So you can form a one-point compactification of $\mathbb R$ to get a space that is topologically a circle.

Note that one nice thing about this is that the one-point compactification is topologically homogeneous (no point looks different to any other; it is a one-dimensional manifold); this is different to the two-point compactification, where the endpoints have different topology to all the other points.

Now we can form the one-point compaticification of $\mathbb C$ to get the Riemann sphere. Note that if we close up $\mathbb R$ inside, we get the one-point (circle) compatification of $\mathbb R$ discussed above.

The Riemann sphere is also topoogically homogeneous.

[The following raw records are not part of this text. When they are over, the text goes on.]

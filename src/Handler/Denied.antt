-- ===== src/Handler/Denied.antt =====
-- A request of a caller who may not act for the institution that it names.
use lenz.Prelude.{
  ◌≡◌, ◌≢◌, refl, ◌⊎◌, inl, inr, String, Bool, true, false, Option, none, some, List, not, ◌==◌,
  eq_iff, if◌then◌else◌, Bool-cases,
}
use lenz.Prelude.Text.{trim_space}
use lenz.Model.{Error, TransferRequest}
use lenz.Tx.{Store, Result, ok, err, Principal}
use lenz.Provider.{TransferProvider}
use lenz.Service.Action.{Action, stop}
use lenz.Handler.{scope_of_caller, institution_scope_string, institution_scope, error_response}
use lenz.Handler.Bodies.{
  InternalCreditRequest, InternalDebitRequest, InternalTransferRequest,
  ExternalOutboundTransferRequest, ExternalTransferRequeryRequest, ExternalInboundEventRequest,
  MockTransferRequest,
}
use lenz.Handler.Routes.{
  run, create_internal_credit, create_internal_debit, create_internal_transfer,
  external_outbound_transfer, external_transfer_requery, reverse_transfer,
}
use lenz.Handler.Events.{
  invalid_mock_transfer_request, apply_request_scope, bind_mock_transfer_request,
  external_inbound_event, mock_inbound_transfer, mock_outbound_transfer,
}

-- A caller who may not act for the institution that the header names: nobody, somebody without an
-- institution, or somebody of another one.
abbrev pub IsStranger : Option Principal → Option String → Type 0
IsStranger none header = Unit
IsStranger (some p) none = trim_space p.institution_id ≡ ""
IsStranger (some p) (some header) =
    (trim_space p.institution_id ≡ "")
    ⊎ ((trim_space header ≢ "") × (trim_space header ≢ trim_space p.institution_id))

-- The request is answered with 401 or 403, and leaves the database and the providers as they were.
abbrev pub IsDenied : {S A : Type 0} → Store × S → Result A × (Store × S) → Type 0
IsDenied w (ok a, w') = ⊥
IsDenied w (err e, w') =
    ((error_response e ≡ (401, "unauthorized")) ⊎ (error_response e ≡ (403, "forbidden")))
    × (w' ≡ w)

-- The request is answered with an error, and leaves the database and the providers as they were.
abbrev pub IsFailed : {S A : Type 0} → Store × S → Result A × (Store × S) → Type 0
IsFailed w (ok a, w') = ⊥
IsFailed w (err e, w') = w' ≡ w

-- A scope that is refused.
abbrev IsRefused : Result String → Type 0
IsRefused (ok i) = ⊥
IsRefused (err e) =
    (error_response e ≡ (401, "unauthorized")) ⊎ (error_response e ≡ (403, "forbidden"))

of_false : (a b : String) → (a ≢ b) → (a == b) ≡ false
of_false a b differ = elim (Bool-cases (a == b)) [
  | inl same ↦ absurd (differ ((eq_iff a b).0 same))
  | inr other ↦ other
]

to_true : (a b : String) → a ≡ b → (a == b) ≡ true
to_true a b same = (eq_iff a b).1 same

blank-IsRefused :
    (p : Principal) (header : String)
    → trim_space p.institution_id ≡ ""
    → IsRefused (scope_of_caller (some p) header)
unfolding error_response
blank-IsRefused p header blank = rw (to_true (trim_space p.institution_id) "" blank) (inl refl)

other-IsRefused :
    (p : Principal) (header : String)
    → (trim_space header ≢ "")
    → (trim_space header ≢ trim_space p.institution_id)
    → IsRefused (scope_of_caller (some p) header)
unfolding error_response
other-IsRefused p header named other = elim (Bool-cases (trim_space p.institution_id == "")) [
  | inl blank ↦ rw blank (inl refl)
  | inr given ↦
      rw
        (
          given,
          of_false (trim_space header) "" named,
          of_false (trim_space header) (trim_space p.institution_id) other,
        )
        (inr refl)
]

nobody-IsRefused : (header : String) → IsRefused (scope_of_caller none header)
unfolding error_response
nobody-IsRefused header = inl refl

-- The context knows no caller without an institution.
known-IsRefused :
    (p : Principal) (header : String)
    → IsRefused (scope_of_caller (some p) header)
    → IsRefused (institution_scope_string (some p) header)
unfolding institution_scope_string
known-IsRefused p header h = elim (Bool-cases (p.institution_id == "")) [
  | inl blank ↦ rw blank (nobody-IsRefused header)
  | inr given ↦ rw given h
]

stranger-IsRefused :
    (caller : Option Principal) (header : Option String)
    → IsStranger caller header
    → IsRefused (institution_scope caller header)
unfolding institution_scope institution_scope_string
stranger-IsRefused none none h = nobody-IsRefused ""
stranger-IsRefused none (some header) h = nobody-IsRefused header
stranger-IsRefused (some p) none blank = known-IsRefused p "" (blank-IsRefused p "" blank)
stranger-IsRefused (some p) (some header) (inl blank) =
    known-IsRefused p header (blank-IsRefused p header blank)
stranger-IsRefused (some p) (some header) (inr (named, other)) =
    known-IsRefused p header (other-IsRefused p header named other)

module _ {S A : Type 0} where
  run-IsDenied :
      (scope : Result String) (f : String → Action S A) (w : Store × S)
      → IsRefused scope
      → IsDenied w (run scope f w)
  unfolding stop
  run-IsDenied (ok i) f w h = absurd h
  run-IsDenied (err e) f w h = (h, refl)

  run-IsFailed :
      {B : Type 0} (r : Result B) (f : B → Action S A) (w : Store × S) (e : Error)
      → r ≡ err e
      → IsFailed w (run r f w)
  unfolding stop
  run-IsFailed r f w e h = rw h refl

  demo-IsFailed :
      (demo_routes : Bool) (m : Action S A) (w : Store × S)
      → IsFailed w (m w)
      → IsFailed w ((if not demo_routes then stop Error.not_found else m) w)
  unfolding stop
  demo-IsFailed true m w h = h
  demo-IsFailed false m w h = refl

-- A body that is bound is bound in a scope.
bind-fails :
    (scope : Result String) (key : String) (body : Option MockTransferRequest)
    → IsRefused scope
    → (e : Error) × (bind_mock_transfer_request scope key body ≡ err e)
unfolding bind_mock_transfer_request apply_request_scope
bind-fails (ok i) key body h = absurd h
bind-fails (err e) key none h = (Error.invalid_request, refl)
bind-fails (err e) key (some body) h = elim (Bool-cases (invalid_mock_transfer_request body)) [
  | inl bad ↦ (Error.invalid_request, rw bad refl)
  | inr good ↦ (e, rw good refl)
]

module _ {S Payload : Type 0} (is_uuid : String → Bool)
    (providers : List (String × TransferProvider S Payload)) (caller : Option Principal)
    (header : Option String) where
  -- The handlers of internal credits, debits and transfers, of external outbound transfers, requeries
  -- and inbound events, and of reversals answer a caller who is unknown, who has no institution, or
  -- who has another one than the header names, with 401 or 403, whatever the request is, once its path
  -- and body are decoded. Those of the mock's transfers answer such a caller with an error. None of
  -- them changes anything in the database or asks a provider.
  pub routes-IsDenied :
      IsStranger caller header
      → (w : Store × S) (credit : Option InternalCreditRequest)
        (debit : Option InternalDebitRequest) (transfer : Option InternalTransferRequest)
        (outbound : Option ExternalOutboundTransferRequest)
        (requery : Option ExternalTransferRequeryRequest)
        (event : Option ExternalInboundEventRequest) (mocked : Option MockTransferRequest)
        (event_json : ExternalInboundEventRequest → Payload) (mock_json : TransferRequest → Payload)
        (demo_routes : Bool) (transfer_id key : String)
      → IsDenied w (create_internal_credit is_uuid providers caller header credit w)
        × IsDenied w (create_internal_debit is_uuid providers caller header debit w)
        × IsDenied w (create_internal_transfer is_uuid providers caller header transfer w)
        × IsDenied w (external_outbound_transfer is_uuid providers caller header outbound w)
        × IsDenied w
            (external_transfer_requery is_uuid providers caller header transfer_id requery w)
        × IsDenied w (external_inbound_event is_uuid providers caller event_json header event w)
        × IsDenied w (reverse_transfer is_uuid providers caller header transfer_id key w)
        × IsFailed w (
            mock_inbound_transfer is_uuid providers caller demo_routes mock_json header key mocked
              w)
        × IsFailed w
            (mock_outbound_transfer is_uuid providers caller demo_routes header key mocked w)
  unfolding create_internal_credit create_internal_debit create_internal_transfer
      external_outbound_transfer external_transfer_requery external_inbound_event reverse_transfer
      mock_inbound_transfer mock_outbound_transfer
  routes-IsDenied stranger w credit debit transfer outbound requery event mocked event_json
        mock_json demo_routes transfer_id key =
      let scope = institution_scope caller header in
      let refused = stranger-IsRefused caller header stranger in
      let fails = bind-fails scope key mocked refused in
      (
        run-IsDenied scope _ w refused,
        run-IsDenied scope _ w refused,
        run-IsDenied scope _ w refused,
        run-IsDenied scope _ w refused,
        run-IsDenied scope _ w refused,
        run-IsDenied scope _ w refused,
        run-IsDenied scope _ w refused,
        demo-IsFailed demo_routes _ w (run-IsFailed _ _ w fails.0 fails.1),
        demo-IsFailed demo_routes _ w (run-IsFailed _ _ w fails.0 fails.1),
      )
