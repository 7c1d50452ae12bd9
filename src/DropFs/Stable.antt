-- ===== src/DropFs/Stable.antt =====
-- The identifier that repeated lookups give a path.
use native_pipe.Base.{
  ℕ, ◌≡◌, refl, Bool, true, false, some, List, [], ◌∷◌, ◌==◌, arith, Bool-cases, inl, inr,
  Option-cases,
}
use native_pipe.DropFs.State.{Node, DropFs}
use native_pipe.DropFs.Table.{find_live, change_live, bury_node, count_lookup, add_node, remember}
use native_pipe.DropFs.Renames.{same_refl}

find_live-counted :
    (token path : List ℕ) (ns : List Node) {n : Node}
    → find_live token path ns ≡ some n
    → find_live token path (change_live count_lookup token path ns) ≡ some (count_lookup n)
find_live-counted token path [] e = ground arith
find_live-counted token path (m ∷ ns) {n} e =
    ground (arith, find_live-counted token path ns {n = n})

-- The table finds a node with this identifier and kind at a path.
abbrev pub Finds : DropFs → ℕ → List ℕ → List ℕ → ℕ → Type 0
Finds fs kind token path id =
    (n : Node) × (find_live token path fs.nodes ≡ some n) × (n.id ≡ id) × (n.kind ≡ kind)

add_node-Finds :
    (fs : DropFs) (kind : ℕ) (token path : List ℕ)
    → let out = add_node true fs kind token path in Finds out.0 kind token path out.1
unfolding add_node
add_node-Finds fs kind token path =
    let node : Node = record {
      id = fs.next_id;
      lookups = 1;
      kind = kind;
      dead = false;
      token = token;
      path = path;
    } in
    (node, ground (arith, same_refl token, same_refl path), refl, refl)

remember-Finds :
    (fs : DropFs) (kind : ℕ) (token path : List ℕ)
    → let out = remember true fs kind token path in Finds out.0 kind token path out.1
unfolding remember
remember-Finds fs kind token path = elim (Option-cases (find_live token path fs.nodes)) [
  | inl new ↦ rw (remember, new) (add_node-Finds fs kind token path)
  | inr (n, there) ↦ elim (Bool-cases (n.kind == kind)) [
    | inl kept ↦
        rw (remember, there, kept)
          (
            count_lookup n,
            find_live-counted token path fs.nodes {n = n} there,
            refl,
            ground (arith, kept),
          )
    | inr other ↦
        rw (remember, there, other)
          (add_node-Finds (record fs { nodes = change_live bury_node token path fs.nodes }) kind
            token path)
  ]
]

Finds-again :
    (allocated : Bool) (fs : DropFs) (kind : ℕ) (token path : List ℕ) (id : ℕ)
    → Finds fs kind token path id
    → (remember allocated fs kind token path).1 ≡ id
unfolding remember
Finds-again allocated fs kind token path id (n, there, named, like) =
    let kept : (n.kind == kind) ≡ true = ground (arith, like) in rw (remember, there, kept) named

-- A path that is looked up twice, with the same kind of object, has the same identifier both times, when
-- the first lookup gets the memory that it may need; memory is not needed for the second.
pub remember-stable :
    (allocated : Bool) (fs : DropFs) (kind : ℕ) (token path : List ℕ)
    → (remember allocated (remember true fs kind token path).0 kind token path).1
      ≡ (remember true fs kind token path).1
remember-stable allocated fs kind token path =
    Finds-again allocated (remember true fs kind token path).0 kind token path
      ((remember true fs kind token path).1) (remember-Finds fs kind token path)
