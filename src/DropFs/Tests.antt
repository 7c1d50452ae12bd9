-- ===== src/DropFs/Tests.antt =====
-- A drop with one folder that the kernel looks up, renames and removes.
use native_pipe.Base.{
  ℕ, ◌≤◌, ◌≡◌, refl, Bool, true, false, ◌&&◌, none, some, List, [], ◌∷◌, ◌++◌, if◌then◌else◌,
  length, arith, take,
}
use native_pipe.Base.Bytes.{le32, u32_at}
use native_pipe.DropFs.State.{Node, DropFs, DropAttr, new_drop_fs, attr_encode, attr_decode, le64}
use native_pipe.DropFs.Names.{same, under}
use native_pipe.DropFs.Table.{find_live, remember}
use native_pipe.DropFs.Host.{HostCall, HostAnswer, responded, call_host}
use native_pipe.DropFs.Lookup.{child, do_lookup}
use native_pipe.DropFs.Change.{remove_child, renamed}
use native_pipe.DropFs.OpenFiles.{do_read}
use native_pipe.DropFs.Listing.{do_readdir, list_node}
use native_pipe.DropFs.Dispatch.{Outside, handle}
use native_pipe.DropFs.Attr.{attr_decode-attr_encode}
use native_pipe.DropFs.Valid.{IsValid}
use native_pipe.DropFs.Handled.{IsSafe, handle-IsSafe}
use native_pipe.DropFs.Renames.{relocated, renamed-find_live}
use native_pipe.DropFs.Removal.{remove_child-find_live}
use native_pipe.DropFs.Sizes.{replies_fit}
use native_pipe.DropFs.Stable.{remember-stable}

abbrev folder_attr : DropAttr
folder_attr = record {
  kind = 1;
  mode = 493;
  size = 0;
  mtime_seconds = 1700000000;
  mtime_nanoseconds = 5;
  file_id = 99;
}

attr_decode-attr_encode_example : attr_decode (attr_encode folder_attr) ≡ some folder_attr
attr_decode-attr_encode_example = attr_decode-attr_encode folder_attr (ground arith)

abbrev zeros_8 : List ℕ
zeros_8 = b'0' ∷ b'0' ∷ b'0' ∷ b'0' ∷ b'0' ∷ b'0' ∷ b'0' ∷ b'0' ∷ []

abbrev zeros_4 : List ℕ
zeros_4 = b'-' ∷ b'0' ∷ b'0' ∷ b'0' ∷ b'0' ∷ []

abbrev token : List ℕ
token =
    zeros_8 ++ (zeros_4 ++ (zeros_4 ++ (zeros_4 ++ ((b'-' ∷ []) ++ (zeros_8 ++ take 4 zeros_8)))))

abbrev gives : ℕ → Bool
gives n = true

-- A host that has a folder at every path.
abbrev folders : HostCall → HostAnswer
folders c = responded 0 (attr_encode folder_attr) [] true

abbrev outside : Outside
outside = record {
  host = folders;
  pages = [];
  allocated = true;
  malloc = gives;
  interrupted = false;
}

-- LOOKUP of the token in the root.
abbrev lookup_request : List ℕ
lookup_request =
    le32 77
    ++ (le32 1
        ++ (le64 5
            ++ (le64 1 ++ (le32 0 ++ (le32 0 ++ (le32 0 ++ (le32 0 ++ (token ++ (0 ∷ [])))))))))

abbrev fresh_fs : DropFs
fresh_fs = new_drop_fs 1000 1000

fresh_fs-IsValid : IsValid fresh_fs
fresh_fs-IsValid = record { each = tt; apart = tt; next = omega arith }

handle-IsSafe_example : IsSafe (handle outside fresh_fs lookup_request)
handle-IsSafe_example = handle-IsSafe outside fresh_fs fresh_fs-IsValid lookup_request (omega arith)

abbrev node_at : ℕ → List ℕ → Node
node_at id path = record {
  id = id;
  lookups = 1;
  kind = 1;
  dead = false;
  token = token;
  path = path;
}

-- "a", "a/b" and "c".
abbrev three_nodes : DropFs
three_nodes = record fresh_fs {
  nodes = node_at 4 (b'a' ∷ b'/' ∷ b'b' ∷ []) ∷ node_at 3 (b'a' ∷ []) ∷ node_at 2 (b'c' ∷ []) ∷ [];
  next_id = 5;
}

renamed-find_live_example :
    (find_live token
        ((b'c' ∷ []) ++ (b'/' ∷ b'b' ∷ []))
        (renamed folders gives three_nodes token (b'a' ∷ []) (b'c' ∷ [])).nodes
      ≡ relocated
          ((b'c' ∷ []) ++ (b'/' ∷ b'b' ∷ []))
          (find_live token ((b'a' ∷ []) ++ (b'/' ∷ b'b' ∷ [])) three_nodes.nodes))
    × (find_live token
          ((b'a' ∷ []) ++ (b'/' ∷ b'b' ∷ []))
          (renamed folders gives three_nodes token (b'a' ∷ []) (b'c' ∷ [])).nodes
        ≡ none)
renamed-find_live_example =
    renamed-find_live folders gives three_nodes token (b'a' ∷ []) (b'c' ∷ []) (b'/' ∷ b'b' ∷ [])
      (λ n. refl) refl refl (omega arith) refl

remove_child-find_live_example :
    ((remove_child folders gives three_nodes 15 (child (node_at 6 []) (b'a' ∷ []) [])).error ≡ 0)
    × (find_live token
          (b'c' ∷ [])
          (remove_child folders gives three_nodes 15 (child (node_at 6 []) (b'a' ∷ []) [])).fs.nodes
        ≡ (if same token token && under (b'c' ∷ []) (b'a' ∷ [])
            then none
            else find_live token (b'c' ∷ []) three_nodes.nodes))
unfolding call_host attr_encode
remove_child-find_live_example =
    remove_child-find_live folders gives three_nodes 15 (node_at 6 []) (b'a' ∷ []) [] token
      (b'c' ∷ []) refl refl

replies_fit_example :
    (length (do_read folders true three_nodes lookup_request).body ≤ u32_at lookup_request 16)
    × (length (do_read folders true three_nodes lookup_request).body ≤ 131072)
    × (length (do_readdir true three_nodes 3 lookup_request []).body ≤ u32_at lookup_request 16)
replies_fit_example = replies_fit folders true three_nodes 3 lookup_request []

remember-stable_example :
    (remember false (remember true three_nodes 1 token (b'd' ∷ [])).0 1 token (b'd' ∷ [])).1
    ≡ (remember true three_nodes 1 token (b'd' ∷ [])).1
remember-stable_example = remember-stable false three_nodes 1 token (b'd' ∷ [])

-- The token is found and its folder gets the first identifier after the root's.
finds_token :
    find_live token [] (do_lookup folders true fresh_fs 1 (token ++ (0 ∷ []))).fs.nodes
    ≡ some (node_at 2 [])
unfolding do_lookup native_pipe.DropFs.Table.read_node native_pipe.DropFs.Lookup.lookup_in
    native_pipe.DropFs.Names.valid_token native_pipe.DropFs.Lookup.looked_up
    native_pipe.DropFs.Host.host_lookup native_pipe.DropFs.Host.answered_attr call_host attr_encode
    attr_decode remember native_pipe.DropFs.Table.add_node
finds_token = refl

-- READDIR of "a" lists ".", ".." and the one entry of the host's page, 24 + 8 bytes each.
abbrev one_entry : HostAnswer
one_entry = responded 0 [] (((1 ∷ 0 ∷ b'b' ∷ []) ++ attr_encode folder_attr) ∷ []) true

abbrev no_entries : HostAnswer
no_entries = responded 0 [] [] true

lists_folder :
    length
      (list_node true three_nodes (node_at 3 (b'a' ∷ [])) (one_entry ∷ no_entries ∷ []) 0 4096).body
    ≡ 96
unfolding list_node native_pipe.DropFs.Listing.put_pages native_pipe.DropFs.Listing.put_dots
    native_pipe.DropFs.Listing.put_entry native_pipe.DropFs.Listing.add_dirent call_host attr_encode
    native_pipe.DropFs.Listing.put_page native_pipe.DropFs.Listing.put_listed attr_decode
    native_pipe.DropFs.Names.valid_name
lists_folder = refl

We could also compactify $\mathbb C$ by adding a circle at infinity instead of just a point, but this isn't as useful when studying complex analysis and related questions (for example because holomorphicity involves considering derivatives along multiple directions --- think of the Cauchy--Riemann equations --- and so adding points at infinity for each direction from the origin isn't so helpful when studying complex analysis). And it wouldn't be topologically homogeneous.

There are situations where you can see a "circle at infinity" in the context of the Riemman sphere. For example, the one-point compactification of $\mathbb R$ cuts the Riemann sphere into two halves (the upper and lower halfplanes), and we can think of the one-point compatification of $\mathbb R$ as being a "circle at infinity" for each of these half-planes.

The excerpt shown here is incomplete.